Os eleitores estão fartos de ouvir políticos conservadores repetir que governos nunca funcionam. Eles sabem que nem sempre o governo foi quebrado como é hoje. O Projeto Manhattan, o Projeto de Rodovias Interestaduais, o Programa Appolo, por qualquer lado que se olhem esses projetos, é impossível negar a competência dos governos que os realizaram e fizeram acontecer.
Mas hoje decaímos para muito, muito abaixo daqueles padrões.

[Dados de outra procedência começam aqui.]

-- ===== src/Tests/Connections.antt =====
-- Connections, with their writers, at concrete inputs.
use mathlib.Core.List.{Memᴰ, Sublistᴰ}
use can_bridge_daemon.Prelude.{
  ◌≡◌, refl, true, false, none, List, [], ◌∷◌, ◌++◌, All, map, length, ok, err, arith,
  if◌then◌else◌,
}
use can_bridge_daemon.Text.{as_bytes}
use can_bridge_daemon.BinaryMessage.Types.{DaemonBinaryResponse}
use can_bridge_daemon.BinaryMessage.Daemon.{encode_daemon_payload}
use can_bridge_daemon.BinaryMessage.Wire.{put_string, put_strings, put_u16}
use can_bridge_daemon.BinaryMessage.Packet.Streams.{receive_all}
use can_bridge_daemon.Protocol.{DaemonResponse}
use can_bridge_daemon.Frame.{FrameEvent, Direction}
use can_bridge_daemon.Service.{TxFrame, Ports, BridgeService, now_ms, handle}
use can_bridge_daemon.BinarySession.{Texts, ready, Session, frame_event_to_daemon_binary}
use can_bridge_daemon.BinarySession.Connected.{binary_transport, item_message, wire, Reach-received}
use can_bridge_daemon.Writer.{
  answer, event, Connection, Choice, turn, write, on_event, writer_step, opened, Reach, here, next,
  publishes, writes,
}
use can_bridge_daemon.Writer.Reader.{Reader, state_of, promised, Asked}
use can_bridge_daemon.BinarySession.Reader.{IsAsked, ReaderTurns}
use can_bridge_daemon.Writer.Order.{answers, events}
use can_bridge_daemon.Subscription.{contains, insert, should_send_frame, update_subscription_set}
use can_bridge_daemon.Subscription.Selects.{should_send_frame-update}
use can_bridge_daemon.TcpBinary.{tcp_texts}
use can_bridge_daemon.Writer.Delivery.{
  selected, take_events, request_of, receive_event, as_items, handle-delivered,
}
use can_bridge_daemon.Service.Handle.{sent_event}

abbrev texts : Texts
texts = tcp_texts (λ r. "a request") (λ r. "a response")

abbrev pub ports : Ports (Unit {0})
ports = record {
  list_can_ifaces = λ w. (ok ("vcan0" ∷ []), w);
  send = λ f w. (err "no such iface", w);
  since_epoch_ms = λ w. (none, w);
}

abbrev pub service : BridgeService (Unit {0})
service = record { world = tt; frames = [] }

abbrev pub on_can0 : FrameEvent
on_can0 = record {
  ts_ms = 5;
  iface = "can0";
  dir = Direction.rx;
  id = 0x7E8;
  is_fd = false;
  bytes = 1 ∷ 255 ∷ [];
}

-- A session that has acknowledged a subscription.
abbrev subscribed_session : Session (Unit {0})
subscribed_session = record {
  phase = ready;
  service = service;
  subscribed = "can0" ∷ [];
  sent = DaemonBinaryResponse.subscribed ("can0" ∷ []) ∷ [];
  receive_buffer = [];
}

abbrev flow : Connection (Reader (Session (Unit {0})) DaemonBinaryResponse) DaemonBinaryResponse
flow = writer_step binary_transport true Choice.response (
    writer_step binary_transport true Choice.frame
      (record (opened (Reader.loop subscribed_session) subscribed_session.sent) {
        published = [] ++ (on_can0 ∷ []);
        backlog = [] ++ (on_can0 ∷ []);
      }))

flow_reached :
    Reach binary_transport
      (ReaderTurns ports texts)
      (opened (Reader.loop subscribed_session) subscribed_session.sent)
      flow
flow_reached =
    next (next (next here (publishes on_can0)) (writes true Choice.frame))
      (writes true Choice.response)

-- The frame is written before the acknowledgement that was handed over first: `select!` takes either channel.
flow_written :
    flow.written ≡ event on_can0 ∷ answer (DaemonBinaryResponse.subscribed ("can0" ∷ [])) ∷ []
unfolding writer_step turn on_event write should_send_frame contains
flow_written = refl

subscribed_session-IsAsked : IsAsked subscribed_session
unfolding should_send_frame contains update_subscription_set insert
subscribed_session-IsAsked ev h =
    ("can0" ∷ [], Memᴰ.head refl, (should_send_frame-update [] ("can0" ∷ []) ev).0 h)

Reach-received_example :
    (receive_all (length (map item_message flow.written)) (wire flow)
      ≡ ok (map item_message flow.written, []))
    × ((rest : List DaemonBinaryResponse) × ((state_of flow.reader).sent
          ≡ answers flow.written ++ rest))
    × Sublistᴰ (events flow.written ++ flow.backlog) flow.published
    × All
        (λ ev. Asked DaemonBinaryResponse.subscribed ev.iface (promised (λ t. t.sent) flow.reader))
        (events flow.written)
unfolding writer_step turn on_event write should_send_frame contains item_message
    frame_event_to_daemon_binary encode_daemon_payload put_string put_strings put_u16 as_bytes
Reach-received_example =
    Reach-received ports texts subscribed_session subscribed_session-IsAsked flow_reached (
      ((omega arith, omega arith, omega arith, omega arith, omega arith), omega arith),
      (((omega arith, (omega arith, tt)), omega arith), tt),
    )

abbrev accepting : Ports (Unit {0})
accepting = record ports { send = λ f w. (ok tt, w) }

abbrev reset : TxFrame
reset = record {
  iface = "can0";
  id = 0x7E0;
  is_fd = false;
  brs = false;
  esi = false;
  bytes = 2 ∷ 17 ∷ 1 ∷ [];
}

-- A connection on which one event waits.
abbrev busy : Connection (Reader (Session (Unit {0})) DaemonBinaryResponse) DaemonBinaryResponse
busy = receive_event on_can0 (opened (Reader.loop subscribed_session) subscribed_session.sent)

handle-delivered_example :
    (ev : FrameEvent) × (ev ≡ sent_event reset (now_ms accepting tt).0)
    × ((handle accepting (request_of reset) service).0 ≡ DaemonResponse.send_ack true none)
    × ((handle accepting (request_of reset) service).1.frames ≡ [] ++ (ev ∷ []))
    × ((take_events binary_transport
          (length (busy.backlog ++ (ev ∷ [])))
          (receive_event ev busy)).written
        ≡ busy.written
          ++ as_items (selected binary_transport busy.reader busy.backlog)
          ++ (if should_send_frame subscribed_session.subscribed ev then event ev ∷ [] else []))
handle-delivered_example =
    handle-delivered binary_transport (λ ev. refl) accepting reset service busy
      (omega arith, (omega arith, (omega arith, tt))) refl refl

Não podemos deixar que a ideologia dos livres mercados sirva como desculpa para o declínio e o fracasso.
Não importa o que venha a acontecer nessas eleições, o que Trump representa não é loucura, nem vai desaparecer. Ele aponta para um novo Partido Republicano, que ultrapasse os dogmas do Reaganismo. Ele aponta, mais do que para a necessidade de reconstruir um partido, para a necessidade de reconstruir a política nos EUA, que tem de ultrapassar a perversão de negar a realidade, que tem de rejeitar a mentalidade pró-bolhas e tem de se reconciliar com a realidade.
Quando os restos dessa eleição já forem passado, e se escrever a história de nossos tempos, a única pergunta cuja resposta realmente interessará será se essa mudança na política dos EUA chegou ou não tarde demais. Obrigado.”